Press groups are dismayed after a Moroccan appeals court upheld the sentences of two journalists convicted under the country’s anti-terror laws for publishing confidential information. The case is the latest in a string of reverses for press freedoms in Morocco. The two men were arrested for an article entitled "Secret reports behind the state of alert in Morocco" published in the weekly newspaper Al Watan Alaan’s 14 July edition. The report attracted the ire of the authorities and they pressed criminal charges against the authors for the possession of stolen materials. According to Khadija Riyadi, president of the Moroccan Human Rights Association, “Moroccan courts are used as a mechanism to clamp down on the press and mete out severe punishment to journalists who are known for their courage in breaking taboos".
The original court had imposed an eight month jail sentence on Mustapha Hurmatallah, the journalist who wrote the article. His boss Abderrahim Ariri was given a six-month suspended sentence. Moroccan journalists went on a brief strike to protest the original decision. Hurmatallah was released last week pending the decision but will now be forced to return to prison to serve out his time. The appeals court ruled against him but did reduce his sentence by one month. Ariri’s suspended sentence was also upheld and reduced by one month.
Two other press freedom cases are also in front of the courts. The publisher of the two Moroccan weeklies has been charged with showing disrespect to the monarchy.

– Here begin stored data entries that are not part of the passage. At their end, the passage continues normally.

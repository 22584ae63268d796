-- ===== src/Console/Examples.antt =====
-- apps/web/src/operator: polling and requests on concrete events.
use montlok_terminal.Prelude.{
  ◌≤◌, String, ◌≡◌, ◌⊎◌, refl, true, false, List, [], ◌∷◌, ◌++◌, Option, none, some, length,
  if◌then◌else◌, nat_eq, string_eq,
}
use montlok_terminal.JsMap.{get}
use montlok_terminal.Json.{Json, string, object, field, end}
use montlok_terminal.Console.Poll.{
  Poll, Event, interval, refresh, visibility, settled, unmounted, step,
}
use montlok_terminal.Console.PollRuns.{alternates, log, log-alternates, run, refresh-served}
use montlok_terminal.Console.Session.{SessionInfo, Shared, resolved}
use montlok_terminal.Console.Request.{
  Request, session_awaited, response, broken, is_read, start_request, unknown_receipt,
  session_ready, send, response_ready,
}
use montlok_terminal.Console.Requests.{
  session_arrives, answer_arrives, fetches, run as run_request, step as request_step,
}
use montlok_terminal.Console.Replay.{run-sends}
use montlok_terminal.Console.Replies.{Comes, run-Comes}
use montlok_terminal.Console.Reads.{read_api, no_reads, reads, writes, settles as settles_read}
use montlok_terminal.Console.Sharing.{run as run_reads, run-shares}

abbrev idle_poll : Poll
idle_poll = record { aborted = false; in_flight = false; queued = false; hidden = false }

abbrev busy_poll : Poll
busy_poll = record idle_poll { in_flight = true }

abbrev poll_events : List Event
poll_events =
    interval ∷ refresh ∷ visibility true ∷ settled ∷ visibility false ∷ unmounted ∷ settled ∷ []

log-alternates_example : alternates false (log idle_poll poll_events) ≡ true
log-alternates_example = log-alternates idle_poll poll_events

refresh-served_example :
    ((step busy_poll refresh).1 ≡ true)
    ⊎ ((busy_poll.in_flight ≡ true)
        × ((step (run (step busy_poll refresh).0 (interval ∷ refresh ∷ [])) settled).1 ≡ true))
refresh-served_example =
    refresh-served busy_poll (interval ∷ refresh ∷ []) refl refl (refl, (refl, tt))

abbrev info : SessionInfo
info = record { csrf = "token"; operator = "op"; role = "admin"; mode = "" }

abbrev logged_out : Shared
logged_out = record { session = none; starting = false }

-- Every text is read as an answer that the session is out of date.
abbrev mismatch : String → Option Json
mismatch text = some (object (field "code" (string "SESSION_CSRF_MISMATCH") end))

run-sends_example :
    let r : Request = record {
      path = "account";
      body = none;
      retried = false;
      stage = session_awaited;
    } in
    let (s', r', now) = start_request logged_out r in
    length (
      fetches (
        now
        ++ (run_request mismatch s' r' (
            session_arrives (resolved info)
            ∷ answer_arrives (response 403 "")
            ∷ session_arrives (resolved info)
            ∷ [])).1))
    ≤ (if is_read r then 2 else 1)
run-sends_example = run-sends mismatch logged_out "account" none (
    session_arrives (resolved info)
    ∷ answer_arrives (response 403 "")
    ∷ session_arrives (resolved info)
    ∷ [])

abbrev action : Request
action = record {
  path = "execute";
  body = some (object (field "id" (string "a1") end));
  retried = false;
  stage = session_awaited;
}

run-Comes_example :
    Comes mismatch "execute" action.body
      (unknown_receipt "a1")
      (session_arrives (resolved info) ∷ answer_arrives (broken "timeout") ∷ [])
unfolding run_request request_step session_ready send response_ready
run-Comes_example =
    run-Comes mismatch logged_out action
      (session_arrives (resolved info) ∷ answer_arrives (broken "timeout") ∷ [])
      (unknown_receipt "a1") refl refl

run-shares_example :
    let (r, promise, made) =
      read_api (run_reads no_reads (reads "k" ∷ writes ∷ reads "k" ∷ settles_read 0 ∷ [])) "k" in
    (get r.finals promise ≡ some "k") × (read_api r "k" ≡ (r, promise, false))
run-shares_example = run-shares (reads "k" ∷ writes ∷ reads "k" ∷ settles_read 0 ∷ []) "k"
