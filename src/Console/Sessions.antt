-- ===== src/Console/Sessions.antt =====
-- apps/web/src/operator/api.ts: the shared session over everything that requests do to it.
use montlok_terminal.Prelude.{
  ◌≡◌, Bool, true, false, List, [], ◌∷◌, Option, none, some, arith, string_eq, Option-cases,
  Bool-cases, inl, inr,
}
use montlok_terminal.Console.Session.{
  SessionInfo, Shared, ensure_session, SessionAnswer, unreachable, answered, is_valid,
  session_settled,
}
use montlok_terminal.Console.Request.{forget}

-- What a request does to the session: it asks for it, it takes in the answer of the session request,
-- it finds the session expired, or out of date under an identity.
pub data Change : Type 0 where
  asks : Change
  settles : Bool → SessionAnswer → Change
  expires : Change
  is_outdated : SessionInfo → Change

unfoldable pub change : Shared → Change → Shared
change s asks = (ensure_session s).0
change s (settles on_login a) = (session_settled s on_login a).0
change s expires = record { session = none; starting = false }
change s (is_outdated identity) = forget s identity

pub changes : Shared → List Change → Shared
changes s [] = s
changes s (c ∷ cs) = changes (change s c) cs

-- A session that is kept has a token, an operator and one of the two roles.
abbrev pub IsValid : Option SessionInfo → Type 0
IsValid none = Unit
IsValid (some info) = is_valid info ≡ true

change-IsValid : (s : Shared) (c : Change) → IsValid s.session → IsValid (change s c).session
unfolding change ensure_session session_settled
change-IsValid s asks h = elim (Bool-cases s.starting) [
  | inl q ↦ rw q h
  | inr q ↦ elim (Option-cases s.session) [
    | inl p ↦ rw (q, p, ensure_session) tt
    | inr (i, p) ↦ rw (q, p, ensure_session) (rw p at h)
  ]
]
change-IsValid s (settles on_login (unreachable reason)) h = h
change-IsValid s (settles on_login (answered status body)) h = ground (arith, h)
change-IsValid s expires h = tt
change-IsValid s (is_outdated identity) h = ground (arith, h)

-- Over anything that the requests do to the session, in any order, a session that is kept is valid:
-- its token and its operator are no empty texts, and its role is admin or viewer.
pub changes-IsValid :
    (s : Shared) (cs : List Change) → IsValid s.session → IsValid (changes s cs).session
unfolding changes
changes-IsValid s [] h = h
changes-IsValid s (c ∷ cs) h = changes-IsValid (change s c) cs (change-IsValid s c h)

Moroccan Communication Minister Nabil Benabdellah tried to downplay criticisms that the government is trying to limit press freedom in the country. A delegation of press, human rights and the civil society organisations met the minister on Friday to protest about what they called breaches of freedom of speech rights. Benabdellah rejected their claims and the government is only trying to “consolidate democracy”.
Morocco was noted for having the freest press in the Arab world but many of these freedoms were eroded in the last five years. The Press Law was amended in 2002. The new law made it illegal to criticize Islam, the king, and the royal family. It is also illegal to publish anything that challenges Morocco's "territorial integrity," which is a coded reference to Morocco’s continued occupation of Western Sahara.
In the wake of the Casablanca suicide bombings of May 2003 the press lost further freedoms. Within eleven days of the bombs which killed 43 people near Western and Jewish targets, Morocco’s parliament overwhelmingly passed a controversial anti-terrorism law. The law broadened the definition of terrorism and defined a terrorist act as "any premeditated act, by an individual or a group, that aims to breach public order through terror and violence". The law had serious implications for the press, as its wording criminalised the dissemination of material deemed to support terrorism. Several journalists have been prosecuted under this law.
The Committee to Protect Journalists (CPJ), says there is a “government-inspired judicial assault against outspoken newspapers”. It cites the 2006 case of the independent weekly newsmagazine Le Journal Hebdomadaire which had to pay 3 million dirhams (US$359,700) in a defamation suit brought by Claude Moniquet, head of the Brussels-based European Strategic Intelligence and Security Centre. Moniquet said the publication had defamed him in a six-page critique questioning the independence of his think tank’s report on the disputed Western Sahara.
In the trial, Le Journal Hebdomadaire was barred from introducing an expert witness and the court provided no explanation for how they reached the unprecedented damage award which threatened the magazine’s financial viability. Two days before the verdict, government-organised demonstrations were staged in front of the paper’s offices after malicious and incorrect rumours spread that the paper had reprinted the cartoons of the Prophet Mohammad. The demonstration was not spontaneous. Moroccan officials recruited and provided transportation to people from poor neighborhoods who had been told that the target of the protests were “infidels” who had reprinted the cartoons.
Reporters Without Borders latest annual report said 2006 was a bad year for press freedoms in Morocco. It said the Arab-language weekly Nishan was shut down in December for “undermining Islam”. It also cites censorship, harassment and legal action against independent media which continued throughout the year. Morocco also banned foreign journalists reporting on human rights from going to Western Sahara. Detective arrested Jamal Wahbi, of the weekly Assahifa al-Maghribiya, for photographing three prisoners who were suspected terrorists coming out of a court building in the city. Meanwhile Al-Jazeera correspondent, Hassan Fatih, was physically attacked by police while covering a sit-in by the families of political prisoners in Rabat in June. He was taken to hospital with neck and shoulder injuries.
After Moroccan media went on strike to support the Mustapha Hurmatallah case, they received the backing of the International Federation of Journalists (IFJ). The IFJ called on media unions worldwide to support the striking journalists who stopped work for thirty minutes in August. “This case is looking more and more like a travesty of justice,” said IFJ Vice President Younes M’Jahed, “The press in Morocco is now facing a dangerous impasse where the authorities are spinning out of control, seizing publications and imprisoning journalists using the flimsiest excuses”.